• **To do**
Output the full listing again without altering anything.

• **Supplied entries**
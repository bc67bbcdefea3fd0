-- ===== src/Objects/Laws.antt =====
-- What loading and saving objects does to the tables.
use stack4things_openstack_i.Action.{Exception, World, ok, raised}
use stack4things_openstack_i.Base.{
  Bool, List, [], arith, false, filter, map, none, refl, true, ◌∙◌, ◌∷◌, ◌≡◌,
}
use stack4things_openstack_i.Db.Boards.{get_board_by_uuid}
use stack4things_openstack_i.Db.Engine.{Engine, rewrite}
use stack4things_openstack_i.Db.Laws.{
  IsNumber, IsNumber-IsScalar, IsScalar, do_update_lem, filter-rewrite, has_self, one_found,
  one_missing,
}
use stack4things_openstack_i.Db.Query.{add_identity_filter, has}
use stack4things_openstack_i.Db.Schema.{
  Column, Model, Row, Tables, Value, Values, assign, assigns, is_null, keyless, set_rows,
}
use stack4things_openstack_i.Objects.{
  changes_of, from_db_object, save_board, save_request, save_result, save_session,
}

-- The rows of a table, after those with the primary key of a row are rewritten.
abbrev pub updated : Tables → Model → Row → Values → Tables
updated t m r vs = set_rows t m (map (rewrite (has Column.id (r Column.id)) vs) (t m))

-- A text that the engine takes for a uuid and not for a number.
abbrev pub IsUuid : ⦃E : Engine⦄ → Value → Type 0
IsUuid ⦃E⦄ (Value.str s) = (E.int_like s ≡ none) × (E.is_uuid_like s ≡ true)
IsUuid v = ⊥

module _ ⦃E : Engine⦄ where
  pub identity-IsUuid : (v : Value) → IsUuid v → add_identity_filter v ≡ ok (has Column.uuid v)
  unfolding add_identity_filter
  identity-IsUuid (Value.str s) h = ground arith
  identity-IsUuid Value.null h = absurd h
  identity-IsUuid (Value.bool b) h = absurd h
  identity-IsUuid (Value.int z) h = absurd h
  identity-IsUuid (Value.dict f) h = absurd h

  pub identity-IsNumber : (v : Value) → IsNumber v → add_identity_filter v ≡ ok (has Column.id v)
  unfolding add_identity_filter
  identity-IsNumber (Value.int z) h = refl
  identity-IsNumber (Value.str s) h = absurd h
  identity-IsNumber Value.null h = absurd h
  identity-IsNumber (Value.bool b) h = absurd h
  identity-IsNumber (Value.dict f) h = absurd h

  -- `get_board_by_uuid` finds the one board with the uuid, and otherwise raises.
  module _ (w : World) (u : Value) where
    pub get_board_by_uuid_found :
        (b : Row)
        → filter (has Column.uuid u) (w.tables Model.board) ≡ b ∷ []
        → get_board_by_uuid u w ≡ (ok b, w)
    unfolding get_board_by_uuid
    get_board_by_uuid_found b h = ground (arith, one_found w Model.board (has Column.uuid u) b h)

    pub get_board_by_uuid_missing :
        filter (has Column.uuid u) (w.tables Model.board) ≡ []
        → get_board_by_uuid u w ≡ (raised (Exception.board_not_found u), w)
    unfolding get_board_by_uuid
    get_board_by_uuid_missing h = ground (arith, one_missing w Model.board (has Column.uuid u) h)

  -- Saving an object with its primary key or uuid still in place writes its changed columns to the
  -- rows of that key.
  module _ (w : World) (r q : Row) (cs : List Column)
      (keys : keyless (changes_of cs q) ≡ true) where
    pub save_session_lem :
        IsNumber (q Column.id)
        → filter (has Column.id (q Column.id)) (w.tables Model.session) ≡ r ∷ []
        → save_session (record { row = q; changed = cs }) w ≡ (
          ok (from_db_object q),
          record w { tables = updated w.tables Model.session r (changes_of cs q) },
        )
    unfolding save_session
    save_session_lem n only = ground (
      arith,
      do_update_lem w Model.session Exception.session_not_found (q Column.id) (changes_of cs q) r
          (has Column.id (q Column.id)) (identity-IsNumber (q Column.id) n) only keys,
    )

    pub save_result_lem :
        IsNumber (q Column.id)
        → filter (has Column.id (q Column.id)) (w.tables Model.result) ≡ r ∷ []
        → save_result (record { row = q; changed = cs }) w ≡ (
          ok (from_db_object q),
          record w { tables = updated w.tables Model.result r (changes_of cs q) },
        )
    unfolding save_result
    save_result_lem n only = ground (
      arith,
      do_update_lem w Model.result (λ _. Exception.result_not_found) (q Column.id) (changes_of cs q)
          r (has Column.id (q Column.id)) (identity-IsNumber (q Column.id) n) only keys,
    )

    pub save_board_lem :
        IsUuid (q Column.uuid)
        → assigns Column.uuid (changes_of cs q) ≡ false
        → filter (has Column.uuid (q Column.uuid)) (w.tables Model.board) ≡ r ∷ []
        → save_board (record { row = q; changed = cs }) w ≡ (
          ok (from_db_object q),
          record w { tables = updated w.tables Model.board r (changes_of cs q) },
        )
    unfolding save_board
    save_board_lem n new only = ground (
      arith,
      do_update_lem w Model.board Exception.board_not_found (q Column.uuid) (changes_of cs q) r
          (has Column.uuid (q Column.uuid)) (identity-IsUuid (q Column.uuid) n) only keys,
    )

    pub save_request_lem :
        IsUuid (q Column.uuid)
        → assigns Column.uuid (changes_of cs q) ≡ false
        → filter (has Column.uuid (q Column.uuid)) (w.tables Model.request) ≡ r ∷ []
        → save_request (record { row = q; changed = cs }) w ≡ (
          ok (from_db_object q),
          record w { tables = updated w.tables Model.request r (changes_of cs q) },
        )
    unfolding save_request
    save_request_lem n new only = ground (
      arith,
      do_update_lem w Model.request Exception.request_not_found (q Column.uuid) (changes_of cs q) r
          (has Column.uuid (q Column.uuid)) (identity-IsUuid (q Column.uuid) n) only keys,
    )

  pub IsUuid-IsScalar : (v : Value) → IsUuid v → IsScalar v
  IsUuid-IsScalar (Value.str s) h = tt
  IsUuid-IsScalar Value.null h = absurd h
  IsUuid-IsScalar (Value.bool b) h = absurd h
  IsUuid-IsScalar (Value.int z) h = absurd h
  IsUuid-IsScalar (Value.dict f) h = absurd h

  pub IsUuid-not_null : (v : Value) → IsUuid v → is_null v ≡ false
  unfolding is_null
  IsUuid-not_null (Value.str s) h = refl
  IsUuid-not_null Value.null h = absurd h
  IsUuid-not_null (Value.bool b) h = absurd h
  IsUuid-not_null (Value.int z) h = absurd h
  IsUuid-not_null (Value.dict f) h = absurd h

-- A query that finds one row, and does not read what is written, finds that row rewritten.
pub updated_found :
    (t : Tables) (m : Model) (r : Row) (vs : Values) (p : Row → Bool)
    → ((q : Row) → p (assign vs q) ≡ p q)
    → IsNumber (r Column.id)
    → filter p (t m) ≡ r ∷ []
    → filter p (map (rewrite (has Column.id (r Column.id)) vs) (t m)) ≡ assign vs r ∷ []
updated_found t m r vs p unread n h =
    filter-rewrite p (has Column.id (r Column.id)) vs unread (t m)
    ∙ rw h (ground (arith, has_self Column.id r (IsNumber-IsScalar (r Column.id) n)))

-- and a row with another primary key stays as it is
pub updated_other :
    (t : Tables) (m : Model) (r q : Row) (vs : Values) (p : Row → Bool)
    → ((s : Row) → p (assign vs s) ≡ p s)
    → has Column.id (r Column.id) q ≡ false
    → filter p (t m) ≡ q ∷ []
    → filter p (map (rewrite (has Column.id (r Column.id)) vs) (t m)) ≡ q ∷ []
updated_other t m r q vs p unread n h =
    filter-rewrite p (has Column.id (r Column.id)) vs unread (t m) ∙ rw h (ground (arith, n))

• **Output for this task**
repository bc67bbcdefea3fd0
-- ===== src/Objects/Laws.antt =====
-- What loading and saving objects does to the tables.
use stack4things_openstack_i.Action.{Exception, World, ok, raised}
use stack4things_openstack_i.Base.{
  Bool, List, [], arith, false, filter, map, none, refl, true, ◌∙◌, ◌∷◌, ◌≡◌,
}
use stack4things_openstack_i.Db.Boards.{get_board_by_uuid}
use stack4things_openstack_i.Db.Engine.{Engine, rewrite}
use stack4things_openstack_i.Db.Laws.{
  IsNumber, IsNumber-IsScalar, IsScalar, do_update_lem, filter-rewrite, has_self, one_found,
  one_missing,
}
use stack4things_openstack_i.Db.Query.{add_identity_filter, has}
use stack4things_openstack_i.Db.Schema.{
  Column, Model, Row, Tables, Value, Values, assign, assigns, is_null, keyless, set_rows,
}
use stack4things_openstack_i.Objects.{
  changes_of, from_db_object, save_board, save_request, save_result, save_session,
}

-- The rows of a table, after those with the primary key of a row are rewritten.
abbrev pub updated : Tables → Model → Row → Values → Tables
updated t m r vs = set_rows t m (map (rewrite (has Column.id (r Column.id)) vs) (t m))

-- A text that the engine takes for a uuid and not for a number.
abbrev pub IsUuid : ⦃E : Engine⦄ → Value → Type 0
IsUuid ⦃E⦄ (Value.str s) = (E.int_like s ≡ none) × (E.is_uuid_like s ≡ true)
IsUuid v = ⊥

module _ ⦃E : Engine⦄ where
  pub identity-IsUuid : (v : Value) → IsUuid v → add_identity_filter v ≡ ok (has Column.uuid v)
  unfolding add_identity_filter
  identity-IsUuid (Value.str s) h = ground arith
  identity-IsUuid Value.null h = absurd h
  identity-IsUuid (Value.bool b) h = absurd h
  identity-IsUuid (Value.int z) h = absurd h
  identity-IsUuid (Value.dict f) h = absurd h

  pub identity-IsNumber : (v : Value) → IsNumber v → add_identity_filter v ≡ ok (has Column.id v)
  unfolding add_identity_filter
  identity-IsNumber (Value.int z) h = refl
  identity-IsNumber (Value.str s) h = absurd h
  identity-IsNumber Value.null h = absurd h
  identity-IsNumber (Value.bool b) h = absurd h
  identity-IsNumber (Value.dict f) h = absurd h

  -- `get_board_by_uuid` finds the one board with the uuid, and otherwise raises.
  module _ (w : World) (u : Value) where
    pub get_board_by_uuid_found :
        (b : Row)
        → filter (has Column.uuid u) (w.tables Model.board) ≡ b ∷ []
        → get_board_by_uuid u w ≡ (ok b, w)
    unfolding get_board_by_uuid
    get_board_by_uuid_found b h = ground (arith, one_found w Model.board (has Column.uuid u) b h)

    pub get_board_by_uuid_missing :
        filter (has Column.uuid u) (w.tables Model.board) ≡ []
        → get_board_by_uuid u w ≡ (raised (Exception.board_not_found u), w)
    unfolding get_board_by_uuid
    get_board_by_uuid_missing h = ground (arith, one_missing w Model.board (has Column.uuid u) h)

  -- Saving an object with its primary key or uuid still in place writes its changed columns to the
  -- rows of that key.
  module _ (w : World) (r q : Row) (cs : List Column)
      (keys : keyless (changes_of cs q) ≡ true) where
    pub save_session_lem :
        IsNumber (q Column.id)
        → filter (has Column.id (q Column.id)) (w.tables Model.session) ≡ r ∷ []
        → save_session (record { row = q; changed = cs }) w ≡ (
          ok (from_db_object q),
          record w { tables = updated w.tables Model.session r (changes_of cs q) },
        )
    unfolding save_session
    save_session_lem n only = ground (
      arith,
      do_update_lem w Model.session Exception.session_not_found (q Column.id) (changes_of cs q) r
          (has Column.id (q Column.id)) (identity-IsNumber (q Column.id) n) only keys,
    )

    pub save_result_lem :
        IsNumber (q Column.id)
        → filter (has Column.id (q Column.id)) (w.tables Model.result) ≡ r ∷ []
        → save_result (record { row = q; changed = cs }) w ≡ (
          ok (from_db_object q),
          record w { tables = updated w.tables Model.result r (changes_of cs q) },
        )
    unfolding save_result
    save_result_lem n only = ground (
      arith,
      do_update_lem w Model.result (λ _. Exception.result_not_found) (q Column.id) (changes_of cs q)
          r (has Column.id (q Column.id)) (identity-IsNumber (q Column.id) n) only keys,
    )

    pub save_board_lem :
        IsUuid (q Column.uuid)
        → assigns Column.uuid (changes_of cs q) ≡ false
        → filter (has Column.uuid (q Column.uuid)) (w.tables Model.board) ≡ r ∷ []
        → save_board (record { row = q; changed = cs }) w ≡ (
          ok (from_db_object q),
          record w { tables = updated w.tables Model.board r (changes_of cs q) },
        )
    unfolding save_board
    save_board_lem n new only = ground (
      arith,
      do_update_lem w Model.board Exception.board_not_found (q Column.uuid) (changes_of cs q) r
          (has Column.uuid (q Column.uuid)) (identity-IsUuid (q Column.uuid) n) only keys,
    )

    pub save_request_lem :
        IsUuid (q Column.uuid)
        → assigns Column.uuid (changes_of cs q) ≡ false
        → filter (has Column.uuid (q Column.uuid)) (w.tables Model.request) ≡ r ∷ []
        → save_request (record { row = q; changed = cs }) w ≡ (
          ok (from_db_object q),
          record w { tables = updated w.tables Model.request r (changes_of cs q) },
        )
    unfolding save_request
    save_request_lem n new only = ground (
      arith,
      do_update_lem w Model.request Exception.request_not_found (q Column.uuid) (changes_of cs q) r
          (has Column.uuid (q Column.uuid)) (identity-IsUuid (q Column.uuid) n) only keys,
    )

  pub IsUuid-IsScalar : (v : Value) → IsUuid v → IsScalar v
  IsUuid-IsScalar (Value.str s) h = tt
  IsUuid-IsScalar Value.null h = absurd h
  IsUuid-IsScalar (Value.bool b) h = absurd h
  IsUuid-IsScalar (Value.int z) h = absurd h
  IsUuid-IsScalar (Value.dict f) h = absurd h

  pub IsUuid-not_null : (v : Value) → IsUuid v → is_null v ≡ false
  unfolding is_null
  IsUuid-not_null (Value.str s) h = refl
  IsUuid-not_null Value.null h = absurd h
  IsUuid-not_null (Value.bool b) h = absurd h
  IsUuid-not_null (Value.int z) h = absurd h
  IsUuid-not_null (Value.dict f) h = absurd h

-- A query that finds one row, and does not read what is written, finds that row rewritten.
pub updated_found :
    (t : Tables) (m : Model) (r : Row) (vs : Values) (p : Row → Bool)
    → ((q : Row) → p (assign vs q) ≡ p q)
    → IsNumber (r Column.id)
    → filter p (t m) ≡ r ∷ []
    → filter p (map (rewrite (has Column.id (r Column.id)) vs) (t m)) ≡ assign vs r ∷ []
updated_found t m r vs p unread n h =
    filter-rewrite p (has Column.id (r Column.id)) vs unread (t m)
    ∙ rw h (ground (arith, has_self Column.id r (IsNumber-IsScalar (r Column.id) n)))

-- and a row with another primary key stays as it is
pub updated_other :
    (t : Tables) (m : Model) (r q : Row) (vs : Values) (p : Row → Bool)
    → ((s : Row) → p (assign vs s) ≡ p s)
    → has Column.id (r Column.id) q ≡ false
    → filter p (t m) ≡ q ∷ []
    → filter p (map (rewrite (has Column.id (r Column.id)) vs) (t m)) ≡ q ∷ []
updated_other t m r q vs p unread n h =
    filter-rewrite p (has Column.id (r Column.id)) vs unread (t m) ∙ rw h (ground (arith, n))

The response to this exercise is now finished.